Example: an array with dimensions, dim = c(2,3,3), has 2 rows, 3 columns, and 3 matrices.
b. Creating arrays
```{r}
arr_1 <- array(1:12, dim = c(2,3,2))
```
```{r}
arr_1
```
b. Filter array by index
```{r}
arr_1[1 , , ]
```
```{r}
arr_1[1, ,1]
```
```{r}
arr_1[, , 1]
```
### Factors
Factors are used to store integers or strings which are categorical. They categorize data and store the data in different levels. This form of data storage is useful for statistical modelling. Examples include TRUE or FALSE and male or female. Useful for handling qualitative datasets.
**NOTE**: R has a more efficient method for handling categorical variables using the `forcats`package. This will be discussed in a subsequent series focusing on the `tidyverse`.
```{r}
vector <- c("Male", "Female")
```
```{r}
factor_1 <- factor(vector)
factor_1
```
OR
```{r}
factor_2 <- as.factor(vector)
factor_2
```
```{r}
as.numeric(factor_2)
```
**NOTE**: To view the internal structure of various data types described above, the learner can use the `str()` function.
Example
```{r}
str(m5)
```
```{r}
str(arr_1)
```
```{r}
str(factor_1)
```
## Exercises
- How do you create a matrix in R? Give an example.
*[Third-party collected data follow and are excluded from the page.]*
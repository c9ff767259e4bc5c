-- ===== src/Router/Order/Distinct.antt =====
-- `dedupePreserveOrder` keeps each value once, where it stands first.
use syrogo.Base.{
  ◌≡◌, refl, String, false, not, ◌&&◌, ◌||◌, List, [], ◌∷◌, ◌++◌, take, arith, Bool-cases, inl, inr,
  text_eq, eq_iff,
}
use syrogo.Router.Order.{contains, dedupe_seen, dedupe_preserve_order}

-- No value occurs twice.
abbrev pub Distinct : List String → Type 0
Distinct [] = Unit
Distinct (x ∷ xs) = (contains xs x ≡ false) × Distinct xs

contains-dedupe_seen :
    (seen values : List String) (x : String)
    → contains (dedupe_seen seen values) x ≡ (contains values x && not (contains seen x))
unfolding dedupe_seen
contains-dedupe_seen seen [] x = refl
contains-dedupe_seen seen (v ∷ values) x = elim (Bool-cases (contains seen v)) [
  | inl h ↦ rw (h, dedupe_seen) (ground (arith, contains-dedupe_seen seen values x, eq_iff v x, h))
  | inr h ↦
      rw (h, dedupe_seen) (ground (arith, contains-dedupe_seen (v ∷ seen) values x, eq_iff v x, h))
]

dedupe_seen-Distinct : (seen values : List String) → Distinct (dedupe_seen seen values)
unfolding dedupe_seen
dedupe_seen-Distinct seen [] = tt
dedupe_seen-Distinct seen (v ∷ values) = elim (Bool-cases (contains seen v)) [
  | inl h ↦ rw (h, dedupe_seen) (dedupe_seen-Distinct seen values)
  | inr h ↦
      rw (h, dedupe_seen)
        (
          ground (arith, contains-dedupe_seen (v ∷ seen) values v, eq_iff v v),
          dedupe_seen-Distinct (v ∷ seen) values,
        )
]

pub dedupe-Distinct : (values : List String) → Distinct (dedupe_preserve_order values)
unfolding dedupe_preserve_order
dedupe-Distinct values = dedupe_seen-Distinct [] values

pub contains-dedupe :
    (values : List String) (x : String)
    → contains (dedupe_preserve_order values) x ≡ contains values x
unfolding dedupe_preserve_order
contains-dedupe values x = ground (arith, contains-dedupe_seen [] values x)

pub take_one-dedupe : (values : List String) → take 1 (dedupe_preserve_order values) ≡ take 1 values
unfolding dedupe_preserve_order dedupe_seen
take_one-dedupe [] = refl
take_one-dedupe (v ∷ values) = refl

pub contains-append :
    (xs ys : List String) (x : String) → contains (xs ++ ys) x ≡ (contains xs x || contains ys x)
contains-append [] ys x = refl
contains-append (y ∷ xs) ys x = ground (arith, contains-append xs ys x)
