-- ===== src/Accounting/Memory/Totals.antt =====
-- The sums over all time.
use syrogo.Base.{
  subst, ◌≡◌, refl, ap, ◌∙◌, inl, inr, String, true, false, List, [], ◌∷◌, arith, Bool-cases,
  if◌then◌else◌, ◌==◌, text_eq, nat_eq, eq_iff, keep_if,
}
use syrogo.Base.Map.{Map, insert, lookup-insert}
use syrogo.Runtime.{UsageRecord}
use syrogo.Router.Order.{contains}
use syrogo.Router.Order.Distinct.{Distinct}
use syrogo.Accounting.Memory.{
  UsageLib, StatsItem, Group, MemoryStore, usage_group_bys, group_at, item_at, entries_or_none,
  item_or_empty, usage_group_value, apply_to_item, apply_to_group, apply_totals, apply_record,
  record_usage,
}

module _ (lib : UsageLib) where
  -- A run of the store over records.
  unfoldable pub record_usages : List UsageRecord → MemoryStore → MemoryStore
  unfolding record_usage
  record_usages [] s = s
  record_usages (r ∷ rs) s = record_usages rs (record_usage lib r s)

  -- The records of one value, one after another.
  abbrev pub apply_all : String → List UsageRecord → StatsItem → StatsItem
  apply_all value [] i = i
  apply_all value (r ∷ rs) i = apply_all value rs (apply_to_item lib value r i)

group_at-insert :
    (g k : String) (group : Group) (m : Map String Group)
    → group_at k (insert g group m) ≡ (if g == k then group else group_at k m)
group_at-insert g k group m =
    ap entries_or_none (lookup-insert g k group m)
    ∙ elim (Bool-cases (g == k)) [ inl e ↦ rw e refl | inr e ↦ rw e refl ]

item_at-insert :
    (v k : String) (i : StatsItem) (m : Group)
    → item_at k (insert v i m) ≡ (if v == k then i else item_at k m)
item_at-insert v k i m =
    ap item_or_empty (lookup-insert v k i m)
    ∙ elim (Bool-cases (v == k)) [ inl e ↦ rw e refl | inr e ↦ rw e refl ]

module _ (lib : UsageLib) (r : UsageRecord) (k : String) where
  apply_totals-other :
      (groups : List String) (m : Map String Group)
      → contains groups k ≡ false
      → group_at k (apply_totals lib groups r m) ≡ group_at k m
  unfolding apply_totals
  apply_totals-other [] m h = refl
  apply_totals-other (g ∷ groups) m h =
      let group = apply_to_group lib (usage_group_value lib r g) r (group_at g m) in
      apply_totals-other groups (insert g group m) (ground (arith, h))
      ∙ group_at-insert g k group m
      ∙ (let e : (g == k) ≡ false = ground (arith, h) in rw e refl)

  apply_totals-group :
      (groups : List String) (m : Map String Group)
      → Distinct groups
      → contains groups k ≡ true
      → group_at k (apply_totals lib groups r m)
        ≡ apply_to_group lib (usage_group_value lib r k) r (group_at k m)
  unfolding apply_totals
  apply_totals-group [] m d h = cc (h)
  apply_totals-group (g ∷ groups) m d h =
      let group = apply_to_group lib (usage_group_value lib r g) r (group_at g m) in
      elim (Bool-cases (g == k)) [
        | inl e ↦
            let same : g ≡ k = (eq_iff g k).0 e in
            apply_totals-other groups (insert g group m)
              (subst (λ n. contains groups n ≡ false) same d.0)
            ∙ group_at-insert g k group m
            ∙ rw e (ap (λ n. apply_to_group lib (usage_group_value lib r n) r (group_at n m)) same)
        | inr e ↦
            let other : group_at k (insert g group m) ≡ group_at k m =
              group_at-insert g k group m ∙ rw e refl in
            apply_totals-group groups (insert g group m) d.1 (ground (arith, h, e))
            ∙ ap (apply_to_group lib (usage_group_value lib r k) r) other
      ]

usage_group_bys-Distinct : Distinct usage_group_bys
usage_group_bys-Distinct =
    (refl, (refl, (refl, (refl, (refl, (refl, (refl, (refl, (refl, (refl, tt))))))))))

pub record_usage-group :
    (lib : UsageLib) (r : UsageRecord) (s : MemoryStore) (k : String)
    → contains usage_group_bys k ≡ true
    → group_at k (record_usage lib r s).totals
      ≡ apply_to_group lib (usage_group_value lib r k) r (group_at k s.totals)
unfolding record_usage apply_record
record_usage-group lib r s k h =
    apply_totals-group lib r k usage_group_bys s.totals usage_group_bys-Distinct h

item_at-apply :
    (lib : UsageLib) (value v : String) (r : UsageRecord) (group : Group)
    → item_at value (apply_to_group lib v r group) ≡ (
        if v == value then apply_to_item lib value r (item_at value group) else item_at value group)
unfolding apply_to_group
item_at-apply lib value v r group =
    item_at-insert v value (apply_to_item lib v r (item_at v group)) group
    ∙ elim (Bool-cases (v == value)) [
      | inl e ↦ rw e (ap (λ n. apply_to_item lib n r (item_at n group)) ((eq_iff v value).0 e))
      | inr e ↦ rw e refl
    ]

-- What the store has for a value of a supported group is what the records of that value add up to,
-- in their order, from what it had; records of other values have no part in it.
pub record_usages-item_at :
    (lib : UsageLib) (records : List UsageRecord) (s : MemoryStore) (group value : String)
    → contains usage_group_bys group ≡ true
    → item_at value (group_at group (record_usages lib records s).totals)
      ≡ apply_all lib value
          (keep_if (λ r. usage_group_value lib r group == value) records)
          (item_at value (group_at group s.totals))
unfolding record_usages
record_usages-item_at lib [] s group value h = refl
record_usages-item_at lib (r ∷ records) s group value h =
    let v = usage_group_value lib r group in
    let kept = keep_if (λ r. usage_group_value lib r group == value) records in
    let one : item_at value (group_at group (record_usage lib r s).totals) ≡ (
        if v == value
        then apply_to_item lib value r (item_at value (group_at group s.totals))
        else item_at value (group_at group s.totals)) =
      ap (item_at value) (record_usage-group lib r s group h)
      ∙ item_at-apply lib value v r (group_at group s.totals) in
    record_usages-item_at lib records (record_usage lib r s) group value h
    ∙ ap (apply_all lib value kept) one
    ∙ elim (Bool-cases (v == value)) [ inl e ↦ rw e refl | inr e ↦ rw e refl ]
- What are the column and row dimensions of a matrix called in R?
- How do you access elements in a matrix?
- Generate a 3x3 identity matrix using matrix().
- Write code to create a 3x3 matrix with sequential numeric values.
- Convert a character vector to a factor with 3 levels.
- Describe the purpose of factors in R.
- How do you create a factor variable with specified levels?
- What is an array, and how does it differ from a matrix in R?
- Provide an example of creating a three-dimensional array.
## Summary
In this chapter, we have completed our review of data structures. These data structures have different properties that influence how they are used in various computational tasks. Additionally, we have looked at the strengths and limitations of each structure for data analysis. However, we haven’t discussed an important aspect of data structures: what do we do with missing data? In the final chapter, we will tackle this issue and provide solutions.